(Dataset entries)
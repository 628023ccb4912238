-- ===== src/Environment/MemLeaks/Queue.antt =====
-- The list of mem_leaks.c as a queue: what `alloc` and `dealloc` do to the elements.
use mathlib.Core.Path.{subst}
use csel_workspace.Prelude.{
  ℕ, ◌+◌, ◌/◌, ◌%◌, ◌≤◌, ◌<◌, ◌≡◌, refl, ap, ◌∙◌, true, false, none, some, [], ◌∷◌, ◌++◌, length,
  ◌==◌, arith, Bool-cases, inl, inr,
}
use csel_workspace.Environment.MemLeaks.{
  Heap, set_cell, link, attach, State, new_element, alloc1, alloc2, alloc, dealloc,
}
use csel_workspace.Environment.MemLeaks.Chain.{
  Elements, head_of, has, Cells, last_of, Cells-set, linked, has-last, last_cell, walk_last,
  Cells-link, has-append,
}

-- The state holds these elements: the root points at them, they are linked on the heap, and nothing
-- else is allocated.
pub record Holds (s : State) (es : Elements) : Type 0 where
  pub at_root : s.root ≡ head_of es
  pub linked : Cells s.heap es
  pub only : (b : ℕ) → has b es ≡ false → s.heap b ≡ none

-- An element that `new_element` has made, attached at the end.
attach_lem :
    (fuel : ℕ) (h : Heap) (es : Elements) (ele w : ℕ)
    → length es ≤ fuel
    → 0 < ele
    → h ele ≡ none
    → Cells h es
    → has ele es ≡ false
    → (h' : Heap) × (attach fuel
          (set_cell h ele (some (record { attr = w; next = 0 })))
          (head_of es)
          ele
        ≡ some (head_of (es ++ ((ele, w) ∷ [])), h'))
      × Cells h' (es ++ ((ele, w) ∷ []))
      × ((b : ℕ) → has b es ≡ false → (b == ele) ≡ false → h' b ≡ h b)
unfolding attach link
attach_lem fuel h [] ele w l p n c new =
    (_, refl, (p, ground arith, refl, tt), λ b m d. ground (arith, d))
attach_lem fuel h ((a, v) ∷ es) ele w l p n c new =
    let h1 = set_cell h ele (some (record { attr = w; next = 0 })) in
    let c1 = Cells-set h ele (some (record { attr = w; next = 0 })) ((a, v) ∷ es) new c in
    let last = last_of (a, v) es in
    (
      linked h1 last ele,
      ground (arith, c1.0, walk_last fuel h1 a v es l c1, last_cell h1 a v es c1),
      Cells-link h1 a v es ele w p (ground arith) new c1,
      λ b m d. ground (arith, d, has-last b (a, v) es m),
    )

-- The state after an element was attached, whichever counter numbered it.
attached :
    (fuel w : ℕ) (s : State) (es : Elements) (ele : ℕ)
    → length es ≤ fuel
    → 0 < ele
    → has ele es ≡ false
    → Holds s es
    → (h' : Heap) × (attach fuel
          (set_cell s.heap ele (some (record { attr = w; next = 0 })))
          s.root
          ele
        ≡ some (head_of (es ++ ((ele, w) ∷ [])), h'))
      × ((c1 c2 x : ℕ)
          → Holds
              (record {
                root = head_of (es ++ ((ele, w) ∷ []));
                heap = h';
                cnt1 = c1;
                cnt2 = c2;
                x = x;
              })
              (es ++ ((ele, w) ∷ [])))
attached fuel w s es ele l p new h =
    let (h', e, c, kept) = attach_lem fuel s.heap es ele w l p (h.only ele new) h.linked new in
    (
      h',
      ap (λ r. attach fuel (set_cell s.heap ele (some (record { attr = w; next = 0 }))) r ele)
            h.at_root
          ∙ e,
      λ c1 c2 x. record {
        at_root = refl;
        linked = c;
        only = λ b m. ground (
          arith,
          m,
          has-append b es ((ele, w) ∷ []),
          kept b (ground (arith, m, has-append b es ((ele, w) ∷ []))),
          h.only b,
        );
      },
    )

-- The static variables after `n` calls of `alloc`.
pub record Counted (n : ℕ) (s : State) : Type 0 where
  pub turn : s.x ≡ n % 2
  pub first : s.cnt1 ≡ (n + 1) / 2
  pub second : s.cnt2 ≡ n / 2

zero_of : (c : ℕ) → (c == 0) ≡ true → c ≡ 0
zero_of c e = ground arith

nonzero_of : (c : ℕ) → (c == 0) ≡ false → 0 < c
nonzero_of c e = ground arith

-- `alloc` appends the new element, numbered by half the number of calls so far.
pub alloc-Holds :
    (fuel n : ℕ) (s : State) (es : Elements) (ele : ℕ)
    → length es ≤ fuel
    → 0 < ele
    → has ele es ≡ false
    → Counted n s
    → Holds s es
    → (s' : State) × (alloc fuel ele s ≡ some s')
      × Holds s' (es ++ ((ele, n / 2) ∷ []))
      × Counted (n + 1) s'
unfolding alloc alloc1 alloc2 new_element
alloc-Holds fuel n s es ele l p new t h = elim (Bool-cases (s.x == 0)) [
  | inl even ↦
      let (h', e, holds) = attached fuel s.cnt1 s es ele l p new h in
      let s' : State = record {
        root = head_of (es ++ ((ele, s.cnt1) ∷ []));
        heap = h';
        cnt1 = s.cnt1 + 1;
        cnt2 = s.cnt2;
        x = (s.x + 1) % 2;
      } in
      let same : s.cnt1 ≡ n / 2 = omega (arith, t.turn, t.first, t.second, zero_of s.x even) in
      (
        s',
        ground (arith, e, even, p),
        subst (λ w. Holds s' (es ++ ((ele, w) ∷ []))) same
            (holds (s.cnt1 + 1) (s.cnt2) ((s.x + 1) % 2)),
        record {
          turn = omega (arith, t.turn);
          first = omega (arith, t.turn, t.first, zero_of s.x even);
          second = omega (arith, t.turn, t.second, zero_of s.x even);
        },
      )
  | inr odd ↦
      let (h', e, holds) = attached fuel s.cnt2 s es ele l p new h in
      let s' : State = record {
        root = head_of (es ++ ((ele, s.cnt2) ∷ []));
        heap = h';
        cnt1 = s.cnt1;
        cnt2 = s.cnt2 + 1;
        x = (s.x + 1) % 2;
      } in
      let same : s.cnt2 ≡ n / 2 = omega (arith, t.turn, t.first, t.second, nonzero_of s.x odd) in
      (
        s',
        ground (arith, e, odd, p),
        subst (λ w. Holds s' (es ++ ((ele, w) ∷ []))) same
            (holds (s.cnt1) (s.cnt2 + 1) ((s.x + 1) % 2)),
        record {
          turn = omega (arith, t.turn);
          first = omega (arith, t.turn, t.first, nonzero_of s.x odd);
          second = omega (arith, t.turn, t.second, nonzero_of s.x odd);
        },
      )
]

pub dealloc-Holds :
    (s : State) (a v : ℕ) (es : Elements)
    → Holds s ((a, v) ∷ es)
    → (s' : State) × (dealloc s ≡ some s') × Holds s' es
unfolding dealloc
dealloc-Holds s a v es h = (
  record s { root = head_of es; heap = set_cell s.heap a none },
  ground (arith, h.at_root, h.linked.0, h.linked.1),
  record {
    at_root = refl;
    linked = Cells-set s.heap a none es h.linked.2 h.linked.3;
    only = λ b m. ground (arith, m, h.only b);
  },
)

pub dealloc-empty : (s : State) → Holds s [] → dealloc s ≡ some s
unfolding dealloc
dealloc-empty s h = ground (arith, h.at_root)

- THE PROBLEM
Please find how many lines of the entries above include the string "unfolding", giving the number and nothing else.

- RESPONSE AREA
4